Grizzly has aluminium equivalent of the Woodpeckers phenolic.

http://www.grizzly.com/products/Aluminum-Precision-Clamping-Square-6-x-6-x-3-4-Pair/T24641

I see Rockler sells some. $13 each.

http://www.rockler.com/product.cfm?page=10113

Eagle America has some, more expensive than the Rocker though.

http://www.eagleamerica.com/product/v424-3422/clamps

Mattias Wandel has some home made ones.

http://woodgears.ca/squares/


----------



## cabinetman

These might do.









 







.


----------



## OHNOIMONFIRE

cabinetman said:


> These might do.
> 
> 
> 
> 
> 
> 
> 
> 
> 
> 
> 
> 
> 
> 
> 
> 
> 
> 
> 
> 
> 
> 
> 
> .


Not a bad idea to use as clamping guide. Not sure if they're big enough to be effective on long boards.


----------



## OHNOIMONFIRE

Have you guys ever seen something like this before?


----------



## Dave Paine

OHNOIMONFIRE said:


> Have you guys ever seen something like this before?

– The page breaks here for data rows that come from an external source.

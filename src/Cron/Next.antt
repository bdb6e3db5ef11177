-- ===== src/Cron/Next.antt =====
-- `Next` of management/cron.go: the first matching minute after an instant. The calendar of the
-- location, which Go's `time` reads from the time-zone data of the machine, is a parameter.
use kplayer_go.Prelude.{
  ℕ, zero, suc, ◌+◌, ◌-◌, ◌*◌, ◌/◌, ◌%◌, ◌≤◌, ◌<◌, ◌≡◌, refl, Bool, true, false, ◌&&◌, arith, ltb,
  ◌==◌, if◌then◌else◌, Bool-cases, inl, inr, ◌⊎◌,
}
use native.Mathlib.Decide.{ℕ_discrete}
use kplayer_go.Cron.{Cron, allows, match_day}

pub record Calendar : Type 0 where
  pub minute : ℕ → ℕ
  pub hour : ℕ → ℕ
  pub day : ℕ → ℕ
  pub month : ℕ → ℕ
  pub weekday : ℕ → ℕ
  pub five_years_after : ℕ → ℕ  -- `AddDate(5, 0, 0)`

-- `time.Minute` in nanoseconds
abbrev pub minute_length : ℕ
minute_length = 60000000000

module _ (cal : Calendar) (c : Cron) where
  unfoldable pub matches : ℕ → Bool
  matches t =
      allows c.minute (cal.minute t)
      && allows c.hour (cal.hour t)
      && match_day c (cal.day t) (cal.weekday t)
      && allows c.month (cal.month t)

  unfoldable pub search_from : ℕ → ℕ → ℕ → ℕ
  search_from zero t limit = 0
  search_from (suc fuel) t limit =
      let later = search_from fuel (t + minute_length) limit in
      if ltb t limit then (if matches t then t else later) else 0

  -- The next full minute: `from.Truncate(time.Minute).Add(time.Minute)`.
  abbrev pub next_minute : ℕ → ℕ
  next_minute from = from - from % minute_length + minute_length

  -- As many rounds as there are minutes before the limit, and one.
  abbrev pub rounds : ℕ → ℕ → ℕ
  rounds t limit = suc ((limit - t) / minute_length + 1)

  -- `now` is what `time.Now()` would give.
  unfoldable pub next : ℕ → ℕ → ℕ
  next now from =
      let t = next_minute (if from == 0 then now else from) in
      let limit = cal.five_years_after t in search_from (rounds t limit) t limit

  -- No full minute from `t` up to `u` matches.
  abbrev pub NoneBefore : ℕ → ℕ → Type 0
  NoneBefore t u = (v : ℕ) → t ≤ v → v < u → v % minute_length ≡ 0 → matches v ≡ false

  NoneBefore-step :
      (t u : ℕ)
      → t % minute_length ≡ 0
      → matches t ≡ false
      → NoneBefore (t + minute_length) u
      → NoneBefore t u
  NoneBefore-step t u a m h v l k b = elim (ℕ_discrete t v) [
    | yes e ↦ rw (← e) m
    | no e ↦ h v (omega arith) k b
  ]

  -- The outcome of the search from `t`: a matching full minute with none before it, or none
  -- before the limit.
  abbrev pub Found : ℕ → ℕ → ℕ → Type 0
  Found t limit r =
      ((r ≡ 0) × NoneBefore t limit)
      ⊎ ((t ≤ r) × (r < limit) × (r % minute_length ≡ 0) × (matches r ≡ true) × NoneBefore t r)

  search_from_lem :
      (fuel t limit : ℕ)
      → t % minute_length ≡ 0
      → limit < t + fuel * minute_length
      → Found t limit (search_from fuel t limit)
  unfolding search_from
  search_from_lem zero t limit a h = inl (refl, λ v l k b. absurd (omega arith))
  search_from_lem (suc fuel) t limit a h = elim (Bool-cases (ltb t limit)) [
    | inr e ↦ rw e (inl (refl, λ v l k b. absurd (ground (arith, e, l, k))))
    | inl e ↦ rw e (elim (Bool-cases (matches t)) [
      | inl m ↦ rw m (inr (omega arith, ground (arith, e), a, m, λ v l k b. absurd (omega arith)))
      | inr m ↦
          rw m (elim (search_from_lem fuel (t + minute_length) limit (omega arith) (omega arith)) [
            | inl (r, none_yet) ↦ inl (r, NoneBefore-step t limit a m none_yet)
            | inr (l, k, b, y, none_yet) ↦
                inr (omega arith, k, b, y, NoneBefore-step t _ a m none_yet)
          ])
    ])
  ]

  enough_rounds : (t limit : ℕ) → limit < t + rounds t limit * minute_length
  enough_rounds t limit = omega arith

  -- `Next` gives the earliest full minute strictly after the instant that matches the expression
  -- and lies before the five-year limit, and the zero time if there is none. For the zero time it
  -- starts from the present.
  pub next-earliest :
      (now from : ℕ)
      → let start = if from == 0 then now else from in
        let t = next_minute start in
        (start < t) × (t ≤ start + minute_length) × Found t (cal.five_years_after t) (next now from)
  unfolding next
  next-earliest now from =
      let start = if from == 0 then now else from in
      let t = next_minute start in
      (
        omega arith,
        omega arith,
        search_from_lem (rounds t (cal.five_years_after t)) t (cal.five_years_after t) (omega arith)
            (enough_rounds t (cal.five_years_after t)),
      )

No, but I like the idea. It should be easy to build your own versions. I would glue two pieces of 1/2in or 3/4in birch plywood together, preferably the latter. I would want this thicker so it would not move laterally while I was clamping.

You could even make a pair from a square glue-up. Just need to ensure the cuts are 90 deg.


----------



## Greg in Maryland

OHNOIMONFIRE said:


> Have you guys ever seen something like this before?


Hi Jeff, 

I am almost finished making four of these squares. As suggested, I made mine out of 3/4 inch baltic birch. Mine are a bit larger (14 inches vs 12 inches) and have a series of oblong holes drilled in the middle for extra clamping areas. I also need to knock off the apex triangle to finish them up.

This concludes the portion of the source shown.